Oral non-steroidal anti-inflammatory medication While these medications are commonly prescribed for FS, there is no good evidence that they provide any benefit other than temporary pain relief (6,9).
Manipulation under Anaesthesia This procedure is usually reserved for those cases where the shoulder remains restricted even after the expected recovery time. When compared to intra-articular steroid injection, both procedures were found to be equally effective (7). In a comparison with hydrodilatation, it was found to be less effective (7).
Arthroscopic release of the joint capsule There are no good quality studies examining the effectiveness of this technique (6).There are studies claiming benefits of this technique in recalcitrant cases (9).
References
1. Bell, S et al (2003). Hydrodilatation in the management of shoulder capsulitis. Australasian Radiology, 47, 247-251.
2. Blanchard, V., et al (2009). The effectiveness of corticosteroid injections compared with physiotherapeutic interventions for adhesive capsulitis: a systematic review. Physiotherapy, 96(2):95-107
3. Buchbinder, R et al. (2008). Arthrographic distension for adhesive capsulitis (frozen shoulder). Cochrane Database Syst Rev. 2008 Jan 23;(1)

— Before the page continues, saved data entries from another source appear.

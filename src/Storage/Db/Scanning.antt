-- ===== src/Storage/Db/Scanning.antt =====
-- ScanFrom of pkg/storage/db.go; Scan is ScanFrom from the empty key. The function that is called
-- with each record says whether to go on.
pub mod Skips
pub mod Covers
use shardlands.Prelude.{
  ℕ, zero, suc, ◌+◌, ◌≡◌, ◌<◌, ◌≤◌, refl, sym, ap, subst, ◌∙◌, inl, inr, Bool, true, false, List,
  [], ◌∷◌, Option, none, some, arith, if◌then◌else◌, Bool-cases, length, All,
}
use shardlands.Storage.Bytes.{Bytes, less, same, same_eq, less_trans}
use shardlands.Storage.Memtable
use shardlands.Storage.Memtable.{Rec, SkipNode, Memtable, items}
use shardlands.Storage.Memtable.Search.{IsSkipList, drop_less, seek_lem}
use shardlands.Storage.Records.{
  find, find-same, find-apart, find-Above, Above, Ascending, Above-trans,
}
use shardlands.Storage.Merge.{Source, live, collect, new_merge, Lane, merge_next}
use shardlands.Storage.Merge.Least.{less_le_trans, or_else, layered, AllAscending, total_length}
use shardlands.Storage.Merge.Newest.{recs_of, AllWhole, merge_newest}
use shardlands.Storage.Table
use shardlands.Storage.Table.{Table, skip_below}
use shardlands.Storage.Db.{Db, Got, absent, total}
use shardlands.Storage.Db.View.{got_of, IsTables}
use shardlands.Storage.Db.Merged.{total_lem, live-Ascending, got_of-live, live_dead, live_alive}
use shardlands.Storage.Db.Invariant.{IsDb, Represents}

-- What ScanFrom comes to: ErrClosed, or the records that the function was called with, and whether
-- an error ended the scan.
pub data Scanned : Type 0 where
  is_closed : Scanned
  handed : List Rec → Bool → Scanned

-- A record that the merge gave: dropTombIter skips a tombstone, and the function may stop the scan.
abbrev pub hand_rec : (Rec → Bool) → Rec → List Rec × Bool → List Rec × Bool
hand_rec more r (rest, failed) =
    if r.tomb then (rest, failed) else if more r then (r ∷ rest, failed) else (r ∷ [], false)

abbrev pub hand_next :
    (Rec → Bool) → (List Lane → List Rec × Bool) → Option (Option Rec × List Lane) → List Rec × Bool
hand_next more rest none = ([], true)
hand_next more rest (some (none, ls)) = ([], false)
hand_next more rest (some (some r, ls)) = hand_rec more r (rest ls)

-- The loop of ScanFrom over the merge.
unfoldable pub scan_loop : (Rec → Bool) → ℕ → List Lane → List Rec × Bool
scan_loop more zero ls = ([], true)
scan_loop more (suc fuel) ls = hand_next more (scan_loop more fuel) (merge_next ls)

abbrev pub scanned : List Rec × Bool → Scanned
scanned (rs, failed) = handed rs failed

module _ (crc : Bytes → ℕ) (optimal : ℕ → ℕ) (draws : List ℕ) where
  unfoldable pub sources_from : Bytes → List (ℕ × Table) → List Source
  sources_from from [] = []
  sources_from from (t ∷ ts) =
      let (rs, broken_) = Table.iter_from crc from t.1 in
      record { recs = rs; broken = broken_ } ∷ sources_from from ts

  abbrev pub all_sources : Bytes → Db → List Source
  all_sources from db =
      record { recs = Memtable.iter_from from db.mem; broken = false } ∷ sources_from from db.tables

  -- ScanFrom
  unfoldable pub scan_from : Bytes → (Rec → Bool) → Db → Scanned
  scan_from from more db =
      let ss = all_sources from db in
      if db.closed
      then is_closed
      else scanned (scan_loop more (total crc optimal draws ss + 1) (new_merge ss))

  -- TableCount
  abbrev pub table_count : Db → ℕ
  table_count db = length db.tables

4. Buchbinder, R et al (2006). Oral steroids for adhesive capsulitis. Cochrane Database Syst Rev. 2006 Oct 18;(4)
5. Carette, S. et al (2003). Intraarticular corticosteroids, supervised physiotherapy, or a combination of the two in the treatment of adhesive capsulitis of the shoulder. Arthritis & Rheumatism, 48, 3, 829-838.

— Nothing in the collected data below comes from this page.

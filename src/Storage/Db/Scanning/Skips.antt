-- ===== src/Storage/Db/Scanning/Skips.antt =====
-- The records from a key on, as the iterators of pkg/storage give them.
use shardlands.Prelude.{
  ℕ, ◌≡◌, refl, sym, ap, subst, ◌∙◌, inl, inr, Bool, true, false, List, [], ◌∷◌, Option, none,
  if◌then◌else◌, Bool-cases,
}
use shardlands.Storage.Bytes.{Bytes, less, same, same_eq}
use shardlands.Storage.Memtable.{Rec, SkipNode, items}
use shardlands.Storage.Memtable.Search.{drop_less}
use shardlands.Storage.Records.{find, find-apart, find-Above, Ascending, Above-trans}
use shardlands.Storage.Merge.Least.{less_le_trans, or_else, layered, AllAscending}
use shardlands.Storage.Table.{skip_below}

module _ (crc : Bytes → ℕ) where
  pub items-drop_less :
      (from : Bytes) (xs : List SkipNode)
      → items (drop_less from xs) ≡ skip_below crc from (items xs)
  unfolding drop_less skip_below
  items-drop_less from [] = refl
  items-drop_less from (x ∷ xs) = elim (Bool-cases (less x.item.key from)) [
    | inl low ↦
        ap (λ b. items (if b then drop_less from xs else x ∷ xs)) low
        ∙ items-drop_less from xs
        ∙ ap (λ b. if b then skip_below crc from (items xs) else items (x ∷ xs)) (sym low)
    | inr high ↦
        ap (λ b. items (if b then drop_less from xs else x ∷ xs)) high
        ∙ ap (λ b. if b then skip_below crc from (items xs) else items (x ∷ xs)) (sym high)
  ]

  skip_below_low :
      (from : Bytes) (x : Rec) (xs : List Rec)
      → less x.key from ≡ true
      → skip_below crc from (x ∷ xs) ≡ skip_below crc from xs
  unfolding skip_below
  skip_below_low from x xs e = ap (λ b. if b then skip_below crc from xs else x ∷ xs) e

  skip_below_high :
      (from : Bytes) (x : Rec) (xs : List Rec)
      → less x.key from ≡ false
      → skip_below crc from (x ∷ xs) ≡ x ∷ xs
  unfolding skip_below
  skip_below_high from x xs e = ap (λ b. if b then skip_below crc from xs else x ∷ xs) e

  skip_below-Ascending :
      (from : Bytes) (xs : List Rec) → Ascending xs → Ascending (skip_below crc from xs)
  skip_below-Ascending from [] a = unfold skip_below in tt
  skip_below-Ascending from (x ∷ xs) a = elim (Bool-cases (less x.key from)) [
    | inl low ↦ rw (skip_below_low from x xs low) (skip_below-Ascending from xs a.1)
    | inr high ↦ rw (skip_below_high from x xs high) a
  ]

  -- The keys from `from` on are left.
  find-skip_below :
      (k from : Bytes) (xs : List Rec)
      → Ascending xs
      → find k (skip_below crc from xs) ≡ (if less k from then none else find k xs)
  find-skip_below k from [] a = unfold skip_below find in (either (less k from))
    where
      either : (b : Bool) → ◌≡◌ {A = Option Rec} none (if b then none else none)
      either true = refl
      either false = refl
  find-skip_below k from (x ∷ xs) a = elim (Bool-cases (less x.key from)) [
    | inl low ↦
        ap (find k) (skip_below_low from x xs low) ∙ find-skip_below k from xs a.1 ∙ dropped low
    | inr high ↦ ap (find k) (skip_below_high from x xs high) ∙ kept high
  ]
    where
      dropped :
          less x.key from ≡ true
          → (if less k from then none else find k xs)
            ≡ (if less k from then none else find k (x ∷ xs))
      dropped low = elim (Bool-cases (same x.key k)) [
        | inl here ↦
            let under : less k from ≡ true =
              subst (λ b. less b from ≡ true) (same_eq x.key k here) low in
            rw under refl
        | inr apart ↦ ap (λ o. if less k from then none else o) (sym (find-apart k x xs apart))
      ]

      kept :
          less x.key from ≡ false
          → find k (x ∷ xs) ≡ (if less k from then none else find k (x ∷ xs))
      kept high = elim (Bool-cases (less k from)) [
        | inr on ↦ rw on refl
        | inl under ↦
            let low = less_le_trans k from x.key under high in
            rw under (find-Above k (x ∷ xs) (low, Above-trans k x.key xs low a.0))
      ]

  abbrev pub skip_all : Bytes → List (List Rec) → List (List Rec)
  skip_all from [] = []
  skip_all from (l ∷ ls) = skip_below crc from l ∷ skip_all from ls

  pub skip_all-AllAscending :
      (from : Bytes) (ls : List (List Rec)) → AllAscending ls → AllAscending (skip_all from ls)
  skip_all-AllAscending from [] a = tt
  skip_all-AllAscending from (l ∷ ls) a =
      (skip_below-Ascending from l a.0, skip_all-AllAscending from ls a.1)

  pub layered-skip_all :
      (k from : Bytes) (ls : List (List Rec))
      → AllAscending ls
      → layered k (skip_all from ls) ≡ (if less k from then none else layered k ls)
  unfolding layered
  layered-skip_all k from [] a = either (less k from)
    where
      either : (b : Bool) → ◌≡◌ {A = Option Rec} none (if b then none else none)
      either true = refl
      either false = refl
  layered-skip_all k from (l ∷ ls) a =
      rw (find-skip_below k from l a.0, layered-skip_all k from ls a.1) (either (less k from))
    where
      either :
          (b : Bool)
          → or_else (if b then none else find k l) (if b then none else layered k ls)
            ≡ (if b then none else or_else (find k l) (layered k ls))
      either true = refl
      either false = refl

6. Favejee, M., et al (2011). Frozen shoulder: the effectiveness of conservative and surgical interventions--systematic review. BJSM, 45, 1, 49-56.
7. Griesser, M et al (2011). Adhesive capsulitis of the shoulder: a systematic review of the effectiveness of intra-articular corticosteroid injections. JBJS, 93-A, 18, 1727-1733.
8. Kelley, M et al (2009). Frozen shoulder: evidence and a proposed model guiding rehabilitation. JOSPT, 39, 2, 135-148.
9. Neviaser, A & Hannafin, J. (2010). Adhesive capsulitis: a review of current treatment. AJSM, 38, 11, 2346-2356.
10. Shah, N. & Lewis M. (2007). Shoulder adhesive capsulitis: systematic review of randomised trials using multiple corticosteroid injections.Br J Gen Pract, 57(541):662-7.
11. Simpson, J & Budge, R (2004). Treatment of frozen shoulder using distension arthrography (hydrodilatation): a case series. Australasian Chiropractic & Osteopathy, 12, 1, 25-35.
12. Trehan, R. et al (2009). Is it worthwhile to offer repeat hydrodilatation for frozen shoulder after 6 weeks? The Int J of Clinical Prac., 64, 356-359.
13. Tveita, E. et al (2008). Hydrodilatation, corticosteroids and adhesive capsulitis: a randomized controlled trial. BMC Musculoskeletal Disorders, 9, 53.
14. Watson, L. et al (2007). Hydrodilatation (distension arthrograpy): a long-term clinical outcome series. BJSM, 41, 167-173.
15. Wiley, A (1991) Arthroscopic appearance of frozen shoulder. Arthroscopy, 7, 2, 128-143.